ART: Optimize StringBuilder append pattern.

Recognize appending with StringBuilder and replace the
entire expression with a runtime call that perfoms the
append in a more efficient manner.

For now, require the entire pattern to be in a single block
and be very strict about the StringBuilder environment uses.
Also, do not accept StringBuilder/char[]/Object/float/double
arguments as they throw non-OOME exceptions and/or require a
call from the entrypoint back to a helper function in Java;
these shall be implemented later.

Boot image size for aosp_taimen-userdebug:
 - before:
   arm/boot*.oat: 19653872
   arm64/boot*.oat: 23292784
   oat/arm64/services.odex: 22408664
 - after:
   arm/boot*.oat: 19432184 (-216KiB)
   arm64/boot*.oat: 22992488 (-293KiB)
   oat/arm64/services.odex: 22376776 (-31KiB)
Note that const-string in compiled boot image methods cannot
throw, but for apps it can and therefore its environment can
prevent the optimization for apps.
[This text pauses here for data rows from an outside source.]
-- ===== src/Scenarios.antt =====
-- Concrete states and calls: tests of the definitions, and an instance of each result.
mod Company
mod Lifecycle
mod Results
mod Journals
mod Submission
mod Membership
mod Logins
mod Accounts
mod Reports
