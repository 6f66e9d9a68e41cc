-- ===== src/Scenarios/Accounts.antt =====
-- An account that is registered, its sessions, and the results on tokens applied to them. The digest
-- of a token is the token, and the hash of a password the password.
use cloud_ledger.Base.{
  ℕ, ◌+◌, ◌≡◌, ◌≢◌, ◌↔◌, refl, none, some, List, [], ◌∷◌, arith, Text, text, nat_eq, trim,
  trim_start, text_eq, text_beq,
}
use cloud_ledger.Base.Exec.{ok, err}
use cloud_ledger.Base.Table.{get}
use cloud_ledger.Auth.Error.{AuthError}
use cloud_ledger.Auth.State.{
  Crypto, Draws, AccountKind, SessionKind, StoredUser, StoredSession, AuthService, no_accounts,
  auth_user_dto, AuthUserDto, IssuedSession, AuthenticatedSession, AdminAuthenticatedSession,
  token_digest, bearer_digest, normalize_bearer_token, normalize_display_name,
  normalize_installation_id, validate_new_password,
}
use cloud_ledger.Auth.Sessions.{
  RefreshInput, refresh_for_client, refresh_lookup, refresh_session, rotation_checks, issue_session,
  prune_expired_sessions, authenticate_access_token, authenticate_admin_access_token, app_session,
  is_set, logout, revoke_installation_sessions, revoke_user_sessions, new_session,
}
use cloud_ledger.Auth.Users.{RegisterInput}
use cloud_ledger.Auth.Accounts.{register_checks, register}
use cloud_ledger.Auth.Passwords.{reset_checks, reset_organization_admin_password}
use cloud_ledger.Auth.Command.{AuthCall, registers, refreshes, logs_out, after_auth, after_auths}
use cloud_ledger.Auth.Closed.{IsTidy, Shut}
use cloud_ledger.Auth.Spent.{IsNew, revoked_token_refused}
use cloud_ledger.Auth.Rotation.{AllNew, refresh_once}
use cloud_ledger.Auth.Access.{
  Opens, authenticate_access_token_iff, AllRevoked, reset_organization_admin_password-AllRevoked,
}
use cloud_ledger.Auth.Replay.{FamilyRevoked, refresh_for_client-FamilyRevoked}

abbrev crypto : Crypto
crypto = record {
  sha256_hex = λ t. t;
  verify_password = λ password hash. text_beq password hash;
  to_lowercase = λ t. t;
}

-- What the n-th call draws.
abbrev draws : ℕ → Draws
draws n = record {
  now_utc = λ place. n + place;
  round_now_utc = λ place round. n + place;
  new_v4 = λ place. n + place;
  random_token = λ place. (n + place) ∷ [];
  hash_password = λ place password. some password;
}

abbrev signing_up : RegisterInput
signing_up = record {
  user_id = some 7;
  display_name = text "User";
  email = some (text "u@b.test");
  phone = none;
  password = text "long enough 12";
  installation_id = text "phone";
}

abbrev user : StoredUser
user = record {
  id = 7;
  display_name = text "User";
  email = some (text "u@b.test");
  phone = none;
  password_hash = text "long enough 12";
  account_kind = AccountKind.business;
  organization_id = none;
  created_at = 1000;
  updated_at = 1000;
}

abbrev first_session : StoredSession
first_session = new_session crypto (draws 1000) 3 7 (text "phone") 1001 SessionKind.tauri

-- The state after the registration, whose session has the tokens 1003 and 1004.
abbrev registered : AuthService
registered = record {
  users_by_id = (7, user) ∷ [];
  user_ids_by_email = (text "u@b.test", 7) ∷ [];
  user_ids_by_phone = [];
  installations_by_id = (text "phone", 7) ∷ [];
  sessions_by_access_token = (1003 ∷ [], first_session) ∷ [];
  access_tokens_by_refresh_token = (1004 ∷ [], 1003 ∷ []) ∷ [];
}

registered_runs : after_auth crypto (draws 1000) (registers signing_up) no_accounts ≡ registered
unfolding after_auth register register_checks normalize_display_name validate_new_password
    normalize_installation_id trim trim_start no_accounts issue_session prune_expired_sessions
    token_digest
registered_runs = refl

registered-IsTidy : IsTidy registered
registered-IsTidy = record { sessions = ground arith; index = ground arith }

abbrev the_refresh : RefreshInput
the_refresh = record { refresh_token = 1004 ∷ []; installation_id = text "phone" }

abbrev refreshed : IssuedSession
refreshed = record {
  user = auth_user_dto user;
  access_token = 2003 ∷ [];
  refresh_token = 2004 ∷ [];
  installation_id = text "phone";
}

refresh_succeeds :
    (refresh_for_client crypto (draws 2000) the_refresh SessionKind.tauri registered).0
    ≡ ok refreshed
unfolding refresh_for_client refresh_lookup normalize_installation_id trim trim_start issue_session
    prune_expired_sessions token_digest refresh_session rotation_checks
refresh_succeeds = refl

-- The session that the refresh has opened is closed by a logout, and the used token comes again.
abbrev later : List (Draws × AuthCall)
later = (draws 3000, logs_out (2003 ∷ [])) ∷ []

later-AllNew :
    AllNew crypto
      (token_digest crypto (trim (1004 ∷ [])))
      ((draws 2000, refreshes the_refresh SessionKind.tauri) ∷ later)
      registered
unfolding token_digest trim trim_start after_auth refresh_for_client refresh_lookup
    normalize_installation_id issue_session prune_expired_sessions refresh_session rotation_checks
later-AllNew = (λ e. ground arith, λ e. ground arith, (λ e. ground arith, λ e. ground arith, tt))

refresh_once_example :
    (refresh_for_client crypto (draws 4000) the_refresh SessionKind.tauri (
      after_auths crypto
        ((draws 2000, refreshes the_refresh SessionKind.tauri) ∷ later)
        registered)).0
    ≢ ok refreshed
refresh_once_example =
    refresh_once crypto (draws 2000) the_refresh SessionKind.tauri registered refreshed later
      registered-IsTidy refresh_succeeds later-AllNew (draws 4000) the_refresh SessionKind.tauri
      refreshed refl

abbrev logged_out : AuthService
logged_out = record registered {
  installations_by_id = [];
  sessions_by_access_token = (1003 ∷ [], record first_session { revoked_at = some 2000 }) ∷ [];
}

logged_out_runs : after_auth crypto (draws 2000) (logs_out (1003 ∷ [])) registered ≡ logged_out
unfolding after_auth logout revoke_installation_sessions token_digest bearer_digest trim trim_start
    normalize_bearer_token
logged_out_runs = refl

logged_out-IsTidy : IsTidy logged_out
logged_out-IsTidy = record { sessions = ground arith; index = ground arith }

token-IsNew :
    IsNew crypto (bearer_digest crypto (1003 ∷ [])) ((draws 3000, registers signing_up) ∷ [])
unfolding token_digest bearer_digest trim trim_start normalize_bearer_token
token-IsNew = (λ e. ground arith, tt)

token-Shut : Shut (λ x. is_set x.revoked_at) (bearer_digest crypto (1003 ∷ [])) logged_out
unfolding token_digest bearer_digest trim trim_start normalize_bearer_token
token-Shut x e = ground arith

revoked_token_refused_example :
    ((answer : AuthenticatedSession)
      → authenticate_access_token crypto
          (draws 4000)
          (1003 ∷ [])
          (after_auths crypto ((draws 3000, registers signing_up) ∷ []) logged_out)
        ≢ ok answer)
    × ((answer : AdminAuthenticatedSession)
        → authenticate_admin_access_token crypto
            (draws 4000)
            (1003 ∷ [])
            (after_auths crypto ((draws 3000, registers signing_up) ∷ []) logged_out)
          ≢ ok answer)
revoked_token_refused_example =
    revoked_token_refused crypto (1003 ∷ []) ((draws 3000, registers signing_up) ∷ []) logged_out
      (draws 4000) logged_out-IsTidy token-IsNew token-Shut

abbrev recognized : AuthenticatedSession
recognized = record { user = auth_user_dto user; installation_id = text "phone" }

recognized_runs :
    authenticate_access_token crypto (draws 1500) (1003 ∷ []) registered ≡ ok recognized
unfolding authenticate_access_token app_session token_digest bearer_digest trim trim_start
    normalize_bearer_token
recognized_runs = refl

authenticate_access_token_iff_example :
    (authenticate_access_token crypto (draws 1500) (1003 ∷ []) registered ≡ ok recognized)
    ↔ Opens crypto 1500 (1003 ∷ []) registered recognized
authenticate_access_token_iff_example =
    authenticate_access_token_iff crypto (draws 1500) (1003 ∷ []) registered recognized

-- The user as the administrator of the organization 1.
abbrev administrated : AuthService
administrated = record registered {
  users_by_id =
      (7, record user { account_kind = AccountKind.organization_admin; organization_id = some 1 })
      ∷ [];
}

abbrev reset_dto : AuthUserDto
reset_dto =
    auth_user_dto
      (record user { account_kind = AccountKind.organization_admin; organization_id = some 1 })

reset_succeeds :
    (reset_organization_admin_password crypto
      (draws 5000)
      7
      (text "another password")
      administrated).0
    ≡ ok reset_dto
unfolding reset_organization_admin_password reset_checks validate_new_password trim trim_start
    auth_user_dto revoke_user_sessions
reset_succeeds = refl

reset_organization_admin_password-AllRevoked_example :
    (found : StoredUser) × (password_hash : Text) × (get 7 administrated.users_by_id ≡ some found)
    × (found.account_kind ≡ AccountKind.organization_admin)
    × (found.organization_id ≢ none)
    × (some (text "another password") ≡ some password_hash)
    × (get 7
          (reset_organization_admin_password crypto
            (draws 5000)
            7
            (text "another password")
            administrated).1.users_by_id
        ≡ some (record found { password_hash = password_hash; updated_at = 5001 }))
    × AllRevoked 7
        (reset_organization_admin_password crypto
          (draws 5000)
          7
          (text "another password")
          administrated).1
reset_organization_admin_password-AllRevoked_example =
    reset_organization_admin_password-AllRevoked crypto (draws 5000) 7 (text "another password")
      administrated reset_dto reset_succeeds

found_closed :
    refresh_lookup crypto (draws 6000) the_refresh SessionKind.tauri logged_out
    ≡ ok (text "phone", 1003 ∷ [], record first_session { revoked_at = some 2000 })
unfolding refresh_lookup normalize_installation_id trim trim_start token_digest
found_closed = refl

refresh_for_client-FamilyRevoked_example :
    ((refresh_for_client crypto (draws 6000) the_refresh SessionKind.tauri logged_out).0
      ≡ err AuthError.refresh_replay_detected)
    × FamilyRevoked 1001
        (refresh_for_client crypto (draws 6000) the_refresh SessionKind.tauri logged_out).1
refresh_for_client-FamilyRevoked_example =
    refresh_for_client-FamilyRevoked crypto (draws 6000) the_refresh SessionKind.tauri logged_out
      (text "phone") (1003 ∷ []) (record first_session { revoked_at = some 2000 }) found_closed refl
We could implement either
a simple carve-out for const-string or generic environment
pruning to allow this pattern to be applied more often.

Results for the new StringBuilderAppendBenchmark on taimen:
  timeAppendLongStrings: ~700ns -> ~200ns
  timeAppendStringAndInt: ~220ns -> ~140ns
  timeAppendStrings: ~200ns -> 130ns

Bug: 19575890
Test: 697-checker-string-append
Test: m test-art-host-gtest
Test: testrunner.py --host --optimizing
Test: aosp_taimen-userdebug boots.
Test: run-gtests.sh
Test: testrunner.py --target --optimizing
Test: vogar --benchmark art/benchmark/stringbuilder-append/src/StringBuilderAppendBenchmark.java
Change-Id: I51789bf299f5219f68ada4c077b6a1d3fe083964
diff --git a/compiler/optimizing/code_generator.cc b/compiler/optimizing/code_generator.cc
index 2bbb570..3b5699b 100644
--- a/compiler/optimizing/code_generator.cc
+++ b/compiler/optimizing/code_generator.cc
@@ -64,6 +64,7 @@
 #include "ssa_liveness_analysis.h"
 #include "stack_map.h"
 #include "stack_map_stream.h"
+#include "string_builder_append.h"
 #include "thread-current-inl.h"
 #include "utils/assembler.h"
 
@@ -599,6 +600,57 @@
   InvokeRuntime(entrypoint, invoke, invoke->GetDexPc(), nullptr);
 }
 
+void CodeGenerator::CreateStringBuilderAppendLocations(HStringBuilderAppend* instruction,
+                                                       Location out) {
+  ArenaAllocator* allocator = GetGraph()->GetAllocator();
+  LocationSummary* locations =
+      new (allocator) LocationSummary(instruction, LocationSummary::kCallOnMainOnly);
+  locations->SetOut(out);
+  instruction->GetLocations()->SetInAt(instruction->FormatIndex(),
+                                       Location::ConstantLocation(instruction->GetFormat()));
+
+  uint32_t format = static_cast<uint32_t>(instruction->GetFormat()->GetValue());
+  uint32_t f = format;
+  PointerSize pointer_size = InstructionSetPointerSize(GetInstructionSet());
+  size_t stack_offset = static_cast<size_t>(pointer_size);  // Start after the ArtMethod*.
+  for (size_t i = 0, num_args = instruction->GetNumberOfArguments(); i != num_args; ++i) {
+    StringBuilderAppend::Argument arg_type =
+        static_cast<StringBuilderAppend::Argument>(f & StringBuilderAppend::kArgMask);
+    switch (arg_type) {
+      case StringBuilderAppend::Argument::kStringBuilder:
+      case StringBuilderAppend::Argument::kString:
+      case StringBuilderAppend::Argument::kCharArray:
+        static_assert(sizeof(StackReference<mirror::Object>) == sizeof(uint32_t), "Size check.");
+        FALLTHROUGH_INTENDED;
+      case StringBuilderAppend::Argument::kBoolean:
+      case StringBuilderAppend::Argument::kChar:
+      case StringBuilderAppend::Argument::kInt:
+      case StringBuilderAppend::Argument::kFloat:
+        locations->SetInAt(i, Location::StackSlot(stack_offset));
+        break;
+      case StringBuilderAppend::Argument::kLong:
+      case StringBuilderAppend::Argument::kDouble:
+        stack_offset = RoundUp(stack_offset, sizeof(uint64_t));
+        locations->SetInAt(i, Location::DoubleStackSlot(stack_offset));
+        // Skip the low word, let the common code skip the high word.
+        stack_offset += sizeof(uint32_t);
+        break;
+      default:
+        LOG(FATAL) << "Unexpected arg format: 0x" << std::hex
+            << (f & StringBuilderAppend::kArgMask) << " full format: 0x" << format;
+        UNREACHABLE();
+    }
+    f >>= StringBuilderAppend::kBitsPerArg;
+    stack_offset += sizeof(uint32_t);
+  }
+  DCHECK_EQ(f, 0u);
+
+  size_t param_size = stack_offset - static_cast<size_t>(pointer_size);
+  DCHECK_ALIGNED(param_size, kVRegSize);
+  size_t num_vregs = param_size / kVRegSize;
+  graph_->UpdateMaximumNumberOfOutVRegs(num_vregs);
+}
+
 void CodeGenerator::CreateUnresolvedFieldLocationSummary(
     HInstruction* field_access,
     DataType::Type field_type,